> BRIEF
What is needed is an exact repeat of the lines from the line containing "-- In every" through the final line of the entries below, and nothing else.

> STUDY MATERIAL

-- ===== src/Server/Reach.antt =====
-- The states that the server of Core/msgbus_server.cpp reaches: its handlers and its process
-- thread as steps, in any order, from the empty maps of its start.
use message_bus_all_in_one_f.Common.{
  ℕ, ◌≡◌, Option, some, List, [], ◌∷◌, ◌==◌, Option-cases, not, ◌&&◌, Bool-cases, inl, inr,
  bytes_eq,
}
use message_bus_all_in_one_f.Memory.{Outcome, done}
use message_bus_all_in_one_f.Memory.Inside.{Ensures, Ensures-any, Ensures-if}
use message_bus_all_in_one_f.Table.{Table}
use message_bus_all_in_one_f.Wire.Head.{Head}
use message_bus_all_in_one_f.Wire.Host.{Inet}
use message_bus_all_in_one_f.Wire.Message.{pack_data}
use message_bus_all_in_one_f.Wire.Register.{req_register, req_unregister}
use message_bus_all_in_one_f.Wire.Alive.{req_confirm_alive}
use message_bus_all_in_one_f.Wire.GetClient.{req_getclient}
use message_bus_all_in_one_f.Wire.SendMsg.{req_sendmsg}
use message_bus_all_in_one_f.Wire.PbType.{body_pbtype, unpack_pb, pb_class, to_size}
use message_bus_all_in_one_f.Server.{Server, Sock, ReqTask, BroadcastTask, new_server}
use message_bus_all_in_one_f.Server.Select.{select_best_sock}
use message_bus_all_in_one_f.Server.Registry.{server_on_close, check_register_client}
use message_bus_all_in_one_f.Server.Relay.{send_all, deliver, broadcast_to, broadcast}
use message_bus_all_in_one_f.Server.Query.{
  Protobuf, on_query_services_req, on_pb_data, process_pbbody_data, text_at, bytes_at,
}
use message_bus_all_in_one_f.Server.Dispatch.{Chance, process_request, process_data_from_client}
use message_bus_all_in_one_f.Server.Invariant.{IsValid}
use message_bus_all_in_one_f.Server.Invariant.Closing.{server_on_close-IsValid}
use message_bus_all_in_one_f.Server.Handlers.{
  send-IsValid, process_register_req-IsValid, process_unregister_req-IsValid,
  process_confirm_alive_req-IsValid, process_getclient_req-IsValid, process_sendmsg_req-IsValid,
}

module _ ⦃net : Inet⦄ where
  on_pb_data-IsValid :
      (pb : Protobuf) (s : Server) (sp_tcp : Option Sock) (head : Head) (pbdata : List ℕ)
      → IsValid s
      → Ensures IsValid (on_pb_data pb s sp_tcp head pbdata)
  unfolding on_pb_data on_query_services_req
  on_pb_data-IsValid pb s sp_tcp head pbdata v = elim (Option-cases (pb.parse_req pbdata)) [
    | inl e ↦ rw (e, on_pb_data) v
    | inr (prefix, e) ↦
        rw (e, on_pb_data)
          (Ensures-any IsValid (pack_data pb_class _ _) _
            λ packed. send-IsValid s sp_tcp packed.1 v)
  ]

  process_pbbody_data-IsValid :
      (pb : Protobuf) (type_junk data_junk : ℕ) (s : Server) (sp_tcp : Option Sock) (head : Head)
      (body : List ℕ) (body_len : ℕ)
      → IsValid s
      → Ensures IsValid (process_pbbody_data pb type_junk data_junk s sp_tcp head body body_len)
  unfolding process_pbbody_data
  process_pbbody_data-IsValid pb type_junk data_junk s sp_tcp head body body_len v =
      Ensures-any IsValid (unpack_pb _ body body_len) _ λ unpacked.
        Ensures-any IsValid (text_at unpacked.0.pbtype) _ λ pbtype.
          Ensures-any IsValid (bytes_at unpacked.0.pbdata (to_size unpacked.0.pbdata_len)) _
            λ pbdata. elim (Bool-cases (bytes_eq pbtype pb.req_name)) [
              | inl e ↦ rw e (on_pb_data-IsValid pb s sp_tcp head pbdata v)
              | inr e ↦ rw e v
            ]

  process_request-IsValid :
      (pb : Protobuf) (c : Chance) (s : Server) (sock : Sock) (head : Head) (body : List ℕ)
      → IsValid s
      → Ensures IsValid (process_request pb c s sock head body)
  unfolding process_request
  process_request-IsValid pb c s sock head body v =
      let sp_tcp = some sock in
      Ensures-if IsValid (head.body_type == req_register) _ _
        (process_register_req-IsValid s sp_tcp head body v)
        (Ensures-if IsValid (head.body_type == req_getclient) _ _
          (process_getclient_req-IsValid s sp_tcp head body c.rand v)
          (Ensures-if IsValid (head.body_type == req_sendmsg) _ _
            (process_sendmsg_req-IsValid c.dest_junk c.from_junk s sp_tcp head body head.body_len v)
            (Ensures-if IsValid (head.body_type == req_unregister) _ _
              (process_unregister_req-IsValid s sp_tcp head body v)
              (Ensures-if IsValid (head.body_type == req_confirm_alive) _ _
                (process_confirm_alive_req-IsValid s sp_tcp head body v)
                (Ensures-if IsValid (head.body_type == body_pbtype) _ (done s)
                  (process_pbbody_data-IsValid pb c.type_junk c.data_junk s sp_tcp head body
                    head.body_len v)
                  v)))))

  -- Whatever message comes in on a connection, whatever the handler finds in memory and draws: where
  -- the handler ends, no service is without a name or a host, none has a host twice, and no client
  -- name is without a connection, if that held before.
  pub process_data_from_client-IsValid :
      (pb : Protobuf) (c : Chance) (s : Server) (sock : Sock) (head : Head) (body : List ℕ)
      → IsValid s
      → Ensures IsValid (process_data_from_client pb c s sock head body)
  unfolding process_data_from_client
  process_data_from_client-IsValid pb c s sock head body v =
      Ensures-if IsValid (head.msg_type == 0) _ (done s)
        (Ensures-if IsValid
          (not (head.body_type == req_register)
            && (not (head.body_type == req_confirm_alive) && not (check_register_client s sock)))
          (done s) (process_request pb c s sock head body) v
          (process_request-IsValid pb c s sock head body v))
        v

  send_all-IsValid :
      (s : Server) (socks : Table ℕ Sock) (bytes : List ℕ)
      → IsValid s
      → IsValid (send_all s socks bytes)
  unfolding send_all
  send_all-IsValid s [] bytes v = v
  send_all-IsValid s ((address, sock) ∷ socks) bytes v =
      send_all-IsValid _ socks bytes (send-IsValid s (some sock) bytes v)

  deliver-IsValid :
      (s : Server) (task : ReqTask) (rands : ℕ → ℕ) → IsValid s → IsValid (deliver s task rands)
  unfolding deliver
  deliver-IsValid s task rands v = send_all-IsValid s _ task.task_bytes v

  broadcast_to-IsValid :
      (s : Server) (active : Table (List ℕ) (Table ℕ Sock)) (rands : ℕ → ℕ) (bytes : List ℕ)
      → IsValid s
      → IsValid (broadcast_to s active rands bytes)
  unfolding broadcast_to
  broadcast_to-IsValid s [] rands bytes v = v
  broadcast_to-IsValid s ((name, socks) ∷ active) rands bytes v =
      elim (Option-cases (select_best_sock (rands 0) socks)) [
        | inl e ↦ rw (e, broadcast_to) (broadcast_to-IsValid s active _ bytes v)
        | inr (sock, e) ↦
            rw (e, broadcast_to)
              (broadcast_to-IsValid _ active _ bytes (send-IsValid s (some sock) bytes v))
      ]

  broadcast-IsValid :
      (s : Server) (task : BroadcastTask) (rands : ℕ → ℕ)
      → IsValid s
      → IsValid (broadcast s task rands)
  unfolding broadcast
  broadcast-IsValid s task rands v = broadcast_to-IsValid s s.active rands task.task_bytes v

  -- One step: a message is handled, a connection is lost (closed, timed out or with an error), or
  -- the process thread takes the first of its two queues and sends it. A step that ends in an abort
  -- or in a wild access leads nowhere.
  pub data Step (pb : Protobuf) : Server → Server → Type 0 where
    message :
        {s t : Server} (c : Chance) (sock : Sock) (head : Head) (body : List ℕ)
        → process_data_from_client pb c s sock head body ≡ done t
        → Step pb s t
    close : {s t : Server} (sock : Sock) → server_on_close s sock ≡ done t → Step pb s t
    task :
        {s : Server} (t : ReqTask) (rest : List ReqTask) (rands : ℕ → ℕ)
        → s.req_tasks ≡ t ∷ rest
        → Step pb s (deliver (record s { req_tasks = rest }) t rands)
    announce :
        {s : Server} (t : BroadcastTask) (rest : List BroadcastTask) (rands : ℕ → ℕ)
        → s.broadcast_tasks ≡ t ∷ rest
        → Step pb s (broadcast (record s { broadcast_tasks = rest }) t rands)

  -- What the server reaches from its start.
  pub data Reach (pb : Protobuf) : Server → Type 0 where
    start : Reach pb new_server
    after : {s t : Server} → Reach pb s → Step pb s t → Reach pb t

  Ensures-value : (m : Outcome Server) (t : Server) → Ensures IsValid m → m ≡ done t → IsValid t
  Ensures-value m t p e = rw e at p

  Step-IsValid : {pb : Protobuf} {s t : Server} → Step pb s t → IsValid s → IsValid t
  Step-IsValid {pb} {s} {t} (Step.message c sock head body e) v =
      Ensures-value _ t (process_data_from_client-IsValid pb c s sock head body v) e
  Step-IsValid {s = s} {t = t} (Step.close sock e) v =
      Ensures-value _ t (server_on_close-IsValid s sock v) e
  Step-IsValid (Step.task t rest rands e) v =
      deliver-IsValid _ t rands
        (record { services_good = v.services_good; active_good = v.active_good })
  Step-IsValid (Step.announce t rest rands e) v =
      broadcast-IsValid _ t rands
        (record { services_good = v.services_good; active_good = v.active_good })

  -- In every state that the server reaches, no service is without a name or a host, none has a host
  -- twice, and no client name is without a connection.
  pub Reach-IsValid : (pb : Protobuf) (s : Server) → Reach pb s → IsValid s
  Reach-IsValid pb _ Reach.start = record { services_good = tt; active_good = tt }
  Reach-IsValid pb _ (Reach.after {s = s} r step) = Step-IsValid step (Reach-IsValid pb s r)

> RESPONSE TO THIS EXERCISE
  -- In every state that the server reaches, no service is without a name or a host, none has a host
  -- twice, and no client name is without a connection.
  pub Reach-IsValid : (pb : Protobuf) (s : Server) → Reach pb s → IsValid s
  Reach-IsValid pb _ Reach.start = record { services_good = tt; active_good = tt }
  Reach-IsValid pb _ (Reach.after {s = s} r step) = Step-IsValid step (Reach-IsValid pb s r)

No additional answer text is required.